Monday, 25 May 2026

Supermarkets and the price of beef

Danyl McLaughlan's piece in The Listener ($) on NZ grocery retail is fun

There's a fair bit potentially packed into 'non-monopolistic prices' here.

Northelia was Edwards’ proposal to the Commerce Commission during its 2020-21 market study. It represented an unnamed group of investors with capital in excess of $1 billion who would establish a third entrant into the New Zealand grocery market on condition the commission break up the existing chains, making up to 175 supermarkets available for purchase at non-monopolistic prices. Crucially, it would also compel access to an existing chain’s distribution system.

There's a different bit I wanted to pick up on though. 

Here's Danyl:

Instead, Willis strengthened the grocery supply code and the wholesale access regime. None of the major international chains engaged with the government’s request for a proposal. Consumer price index data for 2025 showed fruit increasing in price by 10%, vegetables by 4.9% and meat by 8.6%.

Remember that meat trades internationally. We export a fair bit to the US. NZ producers will sell to the highest bidder - the ship ready to go to the US, the local butcher, or the supermarket. 

Here's what's happened to the price of ground beef in the US over the past year



US ground beef prices are up by more than 20% for 2025. It'd be surprising if NZ prices didn't go up as well. It's been part of a longer-term increase in US beef prices. 

The graph below sets 1 Jan 2020 at 100 for both CPI and ground beef prices. They're up about 76% over that period; CPI's up about 24%. 



I suppose folks could blame Woolworths and Foodstuffs for the run-up in US ground beef prices, and the National-led coalition too, but it seems more likely that high export prices pull up NZ domestic prices across the board. 

Or maybe Trump will order a break up of NZ supermarkets to help US grocery prices. Who knows. 

Friday, 15 May 2026

A bit less shit

Hayden over at The Spinoff asked me what the government can do to make the economy 'a bit less shit'.

I sent an overlong reply; he excerpted some choice bits along with contributions from others.

But this is what I'd sent through. 

I don’t think there are any quick fixes from where we are. 

Imagine you’re 50. You haven’t been taking care of yourself properly for a while now. You’re recovering from a hangover from a ridiculous bender that you should not have gone on. Yes, you had to have a couple of drinks given the event, but nobody forced you to finish the bottle. And you’re starting to realise that the burrito you had last night was probably very dodgy. 

How can you feel a bit less shit? In the short-term, you can take some Gaviscon and hope for the best. But it’s still not looking good.
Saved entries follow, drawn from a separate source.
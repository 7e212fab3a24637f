-- ===== src/Sink/Wiring.antt =====
-- The sink as `main` puts it together: the loop over franz-go and the instrumented writer.
use public_pg2mongo_cd_c.Base.{
  ℕ, Option, none, some, ℤ, pos, ◌≤ℤ◌, leb_ℤ, ◌⊎◌, inl, inr, ◌≡◌, refl, arith, List, [], ◌∷◌, All,
  In, length, Bool-cases,
}
use public_pg2mongo_cd_c.Writer.{CdcEvent}
use public_pg2mongo_cd_c.Writer.Server.{DriverError}
use public_pg2mongo_cd_c.Decoder.{Json, decode, ok, err, tombstone}
use public_pg2mongo_cd_c.Kgo.{KgoRecord, Client, GroupLaws}
use public_pg2mongo_cd_c.Kafka.{franz_consumer, record_of}
use public_pg2mongo_cd_c.Kafka.Group.{FromRaw, franz_laws}
use public_pg2mongo_cd_c.Consumer.{KafkaRecord, Writer, Pipeline, run_rounds}
use public_pg2mongo_cd_c.Consumer.Laws.{WriterLaws, Upto}
use public_pg2mongo_cd_c.Consumer.Delivery.{polls, run_rounds-IsSafe}
use public_pg2mongo_cd_c.Checkpoint.{Progress, mark_progress, raised}
use public_pg2mongo_cd_c.Checkpoint.Flush.{raised_le}
use public_pg2mongo_cd_c.Sink.Instrument.{
  Instrumented, apply_batch, after_inner, max_lsn, max_lsn_covers, marked,
}

-- A position that is not positive needs no checkpoint.
abbrev pub Covers : Option Progress → ℤ → Type 0
Covers none lsn = Unit
Covers (some p) lsn = (lsn ≤ℤ pos 0) ⊎ (lsn ≤ℤ p.max_lsn)

raised-covers : (m cur lsn : ℤ) → lsn ≤ℤ m → (lsn ≤ℤ pos 0) ⊎ (lsn ≤ℤ raised m cur)
raised-covers m cur lsn h = elim (Bool-cases (leb_ℤ lsn (pos 0))) [
  | inl low ↦ inl (ground arith)
  | inr high ↦ inr (ground arith)
]

All-Covers :
    (evs : List CdcEvent) (m : ℤ) (size : ℤ) (p : Progress)
    → All (λ (ev : CdcEvent). ev.lsn ≤ℤ m) evs
    → All (λ (ev : CdcEvent). Covers (some (mark_progress m size p)) ev.lsn) evs
unfolding mark_progress
All-Covers [] m size p h = tt
All-Covers (ev ∷ evs) m size p h =
    (raised-covers m p.max_lsn ev.lsn h.0, All-Covers evs m size p h.1)

All-Covers-none : (evs : List CdcEvent) → All (λ (ev : CdcEvent). Covers none ev.lsn) evs
All-Covers-none [] = tt
All-Covers-none (ev ∷ evs) = (tt, All-Covers-none evs)

raised-stays :
    (m size lsn : ℤ) (p : Progress)
    → Covers (some p) lsn
    → Covers (some (mark_progress m size p)) lsn
unfolding mark_progress
raised-stays m size lsn p (inl low) = inl low
raised-stays m size lsn p (inr h) = inr (omega (arith, raised_le m p.max_lsn))

module _ {S : Type 0} {E : Type 0} (inner : List CdcEvent → S → S × Option E)
    (view : E → DriverError) (clock : S → ℕ) where
  -- `newInstrumentedWriter`, as the loop's writer.
  abbrev pub instrumented_writer : Writer E
  instrumented_writer = record {
    State = Instrumented inner view;
    apply_batch = λ evs i. apply_batch inner view (clock i.sink) evs i;
  }

  abbrev pub Applied : Instrumented inner view → CdcEvent → Type 0
  Applied i ev = Covers i.progress ev.lsn

  marked-Covers :
      (evs : List CdcEvent) (o : Option Progress)
      → All (λ (ev : CdcEvent). Covers (marked inner view evs o) ev.lsn) evs
  marked-Covers evs none = All-Covers-none evs
  marked-Covers evs (some p) =
      All-Covers evs (max_lsn evs (pos 0)) (pos (length evs)) p (max_lsn_covers evs (pos 0)).1

  after_inner-covers :
      (now : ℕ) (evs : List CdcEvent) (i : Instrumented inner view) (r : S × Option E)
      → (after_inner inner view now evs i r).1 ≡ none
      → All (Applied (after_inner inner view now evs i r).0) evs
  after_inner-covers now evs i (s, some e) h = cc
  after_inner-covers now evs i (s, none) h = marked-Covers evs i.progress

  marked-stays :
      (evs : List CdcEvent) (o : Option Progress) (lsn : ℤ)
      → Covers o lsn
      → Covers (marked inner view evs o) lsn
  marked-stays evs none lsn h = tt
  marked-stays evs (some p) lsn h = raised-stays (max_lsn evs (pos 0)) (pos (length evs)) lsn p h

  after_inner-stays :
      (now : ℕ) (evs : List CdcEvent) (i : Instrumented inner view) (r : S × Option E)
      (ev : CdcEvent)
      → Applied i ev
      → Applied (after_inner inner view now evs i r).0 ev
  after_inner-stays now evs i (s, some e) ev h = h
  after_inner-stays now evs i (s, none) ev h = marked-stays evs i.progress ev.lsn h

  pub apply_batch-covers :
      (evs : List CdcEvent) (i : Instrumented inner view)
      → (apply_batch inner view (clock i.sink) evs i).1 ≡ none
      → All (Applied (apply_batch inner view (clock i.sink) evs i).0) evs
  unfolding apply_batch
  apply_batch-covers evs i h = after_inner-covers (clock i.sink) evs i (inner evs i.sink) h

  pub apply_batch-stays :
      (evs : List CdcEvent) (i : Instrumented inner view) (ev : CdcEvent)
      → Applied i ev
      → Applied (apply_batch inner view (clock i.sink) evs i).0 ev
  unfolding apply_batch
  apply_batch-stays evs i ev h = after_inner-stays (clock i.sink) evs i (inner evs i.sink) ev h

  -- What it means here that an event is applied: the checkpoint in memory is not behind it.
  abbrev pub instrumented_laws : WriterLaws instrumented_writer
  instrumented_laws = record {
    Applied = Applied;
    applied_all = apply_batch-covers;
    applied_stays = apply_batch-stays;
  }

  module _ (json : Json) (C : Client E) (L : GroupLaws C) where
    -- Let the loop run over franz-go with the instrumented writer, from a state where nothing is
    -- marked. After any number of rounds each record that the committed offsets cover, and did not
    -- cover at the start, is at or before a record of its partition that was polled and is a
    -- tombstone or decodes to an event; the checkpoint in memory, if there is one, is then not
    -- behind that event's LSN, if that is positive. The client marks and commits nothing but by its
    -- calls, and a mark covers the records up to its own.
    pub run_rounds-Covers :
        (n : ℕ) (start : Pipeline json (franz_consumer C) instrumented_writer)
        → ((k : KgoRecord) → ¬ L.Marked start.cons k)
        → (k : KgoRecord)
        → L.Committed (run_rounds json (franz_consumer C) instrumented_writer n start).cons k
        → FromRaw (L.Committed start.cons) (record_of k)
          ⊎ ((r : KafkaRecord) × Upto (record_of k) r
              × In r (polls json (franz_consumer C) instrumented_writer n start [])
              × ((decode json r.key r.value ≡ err tombstone)
                  ⊎ ((ev : CdcEvent) × (decode json r.key r.value ≡ ok ev)
                      × Covers
                          (run_rounds json
                            (franz_consumer C)
                            instrumented_writer
                            n
                            start).sink.progress
                          ev.lsn)))
    run_rounds-Covers n start unmarked k c =
        (run_rounds-IsSafe json (franz_consumer C) instrumented_writer (franz_laws C L)
            instrumented_laws (FromRaw (L.Committed start.cons)) n [] start
            (record {
              marked = λ r (j, e, m). absurd (unmarked j m);
              committed = λ r m. inl m;
            })).committed
          (record_of k) (k, refl, c)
A lot of the pain is locked-in. The bits that have largely just passed were definitely your own fault. The bit that’s about to come isn’t your fault but would have been easier to weather if you’d taken better care of yourself. And the long-term stuff still needs to be dealt to. 

We have been in the hangover brought on by the fiscal and monetary binge we had in 2021-2023. And that was starting to come right - though the fiscal binge is still ongoing. 

There were good signs. Despite the downturn, Auckland building consenting was still higher than pre-AUP. Unemployment still is far below GFC-peaks. There’s reasonable, but not solid, cross-party consensus on reforms to how housing is regulated so that a lot more building can happen and so housing costs can come down. 

But we're now in an ongoing severe energy shock where high prices are combined with supply risk. On the plus side, economies overall aren't as tightly tied to oil prices as they were in the 1970s. But it's still not good. 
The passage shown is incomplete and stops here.